Challenges to Vietnam's Economic Growth
“The recently announced U.S. tariffs, along with ongoing global uncertainties, could pose significant challenges to Vietnam's growth this year,” said Mr. Shantanu Chakraborty, ADB Country Director for Vietnam, when assessing the country’s economic outlook.
Strong trade, a recovery in export manufacturing, and robust foreign direct investment (FDI) fueled economic growth in 2024, he said. However, the global economic environment, marked by recently announced tariffs by the United States and geopolitical tensions, could notably impact export-driven manufacturing. Global uncertainties, including tariff escalations, retaliatory measures, the ongoing Russia-Ukraine conflict and continued instability in the Middle East, may hinder economic growth. Additionally, a slowdown in the U.S. and China, Vietnam’s major trading partners, may further affect economic prospects.

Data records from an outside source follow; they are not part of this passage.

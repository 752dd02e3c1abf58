-- ===== src/Wire/Fields.antt =====
-- Tags and length-delimited bodies: round trips, and that a body is part of the input.
use cloudevents_sdk_cpp.Base.{
  ℕ, ◌+◌, ◌*◌, ◌/◌, ◌%◌, ◌^◌, ◌<◌, ◌≤◌, ◌≡◌, refl, ap, ◌∙◌, arith, [], ◌++◌, Bytes, IsByte, All,
  length, length-append, take-append, drop-append, take-append-drop, append_assoc, bit_or,
}
use cloudevents_sdk_cpp.Base.Bits.{bit_and-mask, bit_or-shift}
use cloudevents_sdk_cpp.Errors.{ok, bind_succeeds}
use cloudevents_sdk_cpp.Wire.{
  WireType, varint, fixed64, length_delimited, fixed32, wire_value, skippable, read_varint,
  header_of, read_header, split_body, read_length_delimited, put_varint, put_tag, put_varint_field,
  put_field, max_field_number, max_varint_bytes,
}
use cloudevents_sdk_cpp.Wire.Varint.{read_varint-put_varint, read_varint_bounds}

put_varint-append : (out : Bytes) (v : ℕ) → put_varint out v ≡ out ++ put_varint [] v
unfolding put_varint
put_varint-append out v = refl

tag_lem :
    (number : ℕ) (kind : WireType)
    → bit_or (number * 2 ^ 3) (wire_value kind) ≡ number * 8 + wire_value kind
tag_lem number varint = bit_or-shift 3 number 0 (omega arith)
tag_lem number fixed64 = bit_or-shift 3 number 1 (omega arith)
tag_lem number length_delimited = bit_or-shift 3 number 2 (omega arith)
tag_lem number fixed32 = bit_or-shift 3 number 5 (omega arith)

header_of_tag :
    (number : ℕ) (kind : WireType) (rest : Bytes)
    → 0 < number
    → number ≤ max_field_number
    → header_of number (wire_value kind) rest ≡ ok (record { number = number; kind = kind }, rest)
unfolding skippable
header_of_tag number varint rest h k = ground arith
header_of_tag number fixed64 rest h k = ground arith
header_of_tag number length_delimited rest h k = ground arith
header_of_tag number fixed32 rest h k = ground arith

wire_value-lt : (kind : WireType) → wire_value kind < 8
wire_value-lt varint = omega arith
wire_value-lt fixed64 = omega arith
wire_value-lt length_delimited = omega arith
wire_value-lt fixed32 = omega arith

-- A tag is read back as the field number and the wire type that it was written from, for the field
-- numbers that the wire allows.
pub read_header-put_tag :
    (number : ℕ) (kind : WireType) (rest : Bytes)
    → 0 < number
    → number ≤ max_field_number
    → read_header (put_tag [] number kind ++ rest)
      ≡ ok (record { number = number; kind = kind }, rest)
unfolding read_header put_tag
read_header-put_tag number kind rest h k =
    let tag : ℕ = number * 8 + wire_value kind in
    let num : tag / 8 ≡ number = omega (arith, wire_value-lt kind) in
    let low : tag % 8 ≡ wire_value kind = omega (arith, wire_value-lt kind) in
    rw
      (
        tag_lem number kind,
        read_varint-put_varint tag rest (omega (arith, wire_value-lt kind)),
        bit_and-mask 3 tag,
        num,
        low,
      )
      (header_of_tag number kind rest h k)

pub read_length_delimited-body :
    (body rest : Bytes)
    → length body < 2 ^ 64
    → read_length_delimited (put_varint [] (length body) ++ (body ++ rest)) ≡ ok (body, rest)
unfolding read_length_delimited
read_length_delimited-body body rest h =
    rw
      (
        read_varint-put_varint (length body) (body ++ rest) h,
        take-append body rest,
        drop-append body rest,
      )
      (ground (arith, length-append body rest))

split_body-append :
    (size : ℕ) (src body rest : Bytes) → split_body size src ≡ ok (body, rest) → src ≡ body ++ rest
split_body-append size src body rest h = ground (arith, take-append-drop size src)

-- A length-delimited body and what follows it are the end of the input: no read goes past it.
pub read_length_delimited-within :
    (src body rest : Bytes)
    → All IsByte src
    → read_length_delimited src ≡ ok (body, rest)
    → (used : Bytes) × (src ≡ used ++ (body ++ rest))
      × (0 < length used)
      × (length used ≤ max_varint_bytes)
unfolding read_length_delimited
read_length_delimited-within src body rest h e =
    let ((size, src'), p, q) = bind_succeeds (read_varint src) _ e in
    let (_, t) = read_varint_bounds src size src' h p in
    (
      t.used,
      t.splits ∙ ap (λ (s : Bytes). t.used ++ s) (split_body-append size src' body rest q),
      t.some_used,
      t.few,
    )

-- The writers append, and a field is its tag, its length and its body.
pub put_varint_field_shape :
    (number value : ℕ)
    → put_varint_field [] number value ≡ put_tag [] number varint ++ put_varint [] value
unfolding put_varint_field
put_varint_field_shape number value = put_varint-append (put_tag [] number varint) value

pub put_field_shape :
    (number : ℕ) (body : Bytes)
    → put_field [] number body
      ≡ put_tag [] number length_delimited ++ (put_varint [] (length body) ++ body)
unfolding put_field
put_field_shape number body =
    rw put_varint-append
      (append_assoc (put_tag [] number length_delimited) (put_varint [] (length body)) body)

put_tag-append :
    (out : Bytes) (number : ℕ) (kind : WireType)
    → put_tag out number kind ≡ out ++ put_tag [] number kind
unfolding put_tag
put_tag-append out number kind = put_varint-append out _

pub put_varint_field-append :
    (out : Bytes) (number value : ℕ)
    → put_varint_field out number value ≡ out ++ put_varint_field [] number value
unfolding put_varint_field
put_varint_field-append out number value =
    put_varint-append (put_tag out number varint) value
    ∙ rw (put_tag-append out number varint, put_varint-append (put_tag [] number varint) value)
        (append_assoc out (put_tag [] number varint) (put_varint [] value))

pub put_field-append :
    (out : Bytes) (number : ℕ) (body : Bytes)
    → put_field out number body ≡ out ++ put_field [] number body
unfolding put_field
put_field-append out number body =
    let tag : Bytes = put_tag [] number length_delimited in
    let size : Bytes = put_varint [] (length body) in
    rw (
      put_varint-append (put_tag out number length_delimited) (length body),
      put_tag-append out number length_delimited,
      put_varint-append tag (length body),
      append_assoc out tag size,
      append_assoc out (tag ++ size) body,
    )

According to ADB’s Vietnam Economic Development Outlook (calculated before the official announcement of U.S. tariff measures), global trade tensions could hurt export-led manufacturing. The global economic environment, marked by growing trade conflicts and geopolitical tensions, could notably impact export-driven manufacturing. The resurgence of protectionist policies under the new U.S. administration might lower global demand for Vietnam’s manufactured products, especially given Vietnam’s significant trade surplus with the U.S. Industrial growth is projected to slow to 7% in 2025. However, construction could see an uptick if major infrastructure projects proceed as planned. Services are set to grow 7.2% in 2025, driven by a boost in foreign and domestic tourism and technology-driven industries. There were nearly 4 million international arrivals in the first two months of the year, up 30.2% from the same period last year. Favorable visa measures, tourism promotions and international recognition have fueled this growth. The government’s focus on digital transformation and sustainability will open new opportunities, especially in financial and retail services. However, the service sector must navigate global economic uncertainties despite ongoing reforms.
Despite rising global tariffs, strong global demand for agricultural commodities and the benefits of free trade agreements will help sustain exports. Agriculture is expected to continue to solidly grow by 3.2% in 2025. However, climate change, limited technology access, and infrastructure gaps remain challenges to the sector. Improving productivity through technology and managing rising global tariffs while maintaining competitive pricing are key to sustaining export growth.
As inflation continues to rise, there is limited scope for further monetary policy easing. Geopolitical tensions, higher domestic consumption and accelerated public investment
disbursements could drive inflation up to 4% this year and 4.2% in 2026. In 2025, the State Bank of Vietnam (SBV) set an ambitious target of 16% credit growth to boost economic activity. However, its ability to support growth effectively is constrained by rising inflationary pressures, an increase in bad debts and a weakening Vietnamese dong. According to the ADB, it is thus crucial that the government coordinate monetary and fiscal policies.
The ADB said that the government has initiated an ambitious plan to boost growth. The plan aims for 8% growth in 2025 and 10% annually from 2026 onward. To do this, the investment goal is US$174 billion, or 33.5% of GDP, including US$36 billion in public investment for 2025, up from US$27 billion in 2024 (85% disbursed). Private investment is targeted at US$96 billion, with FDI at US$28 billion and other investments at US$14 billion. FDI registrations rose by 35.5% with disbursements up by 5.4% in the first two months of 2025 compared to the same period in 2024. To mobilize additional resources, according to Mr. Shantanu Chakraborty, the government may adjust its budget deficit to 4-4.5% of GDP.
Heightened trade tensions could impact trade, potentially narrowing the trade surplus. Slowing trade would reduce the current account surplus to the equivalent of 2.5% of GDP this year.
According to Mr. Shantanu Chakraborty, the Vietnamese government has set out an ambitious growth target that can significantly reduce external risks. Higher and sustainable economic growth is possible if ongoing, extensive institutional reforms are implemented swiftly and efficiently. These reforms will stimulate domestic demand, increase governance efficiency in the near term, and consequently promote private sector development over the medium and long term. If successful, these reforms could boost efficiency by cutting red tape, improving public services, streamlining government operations and enhancing economic resilience.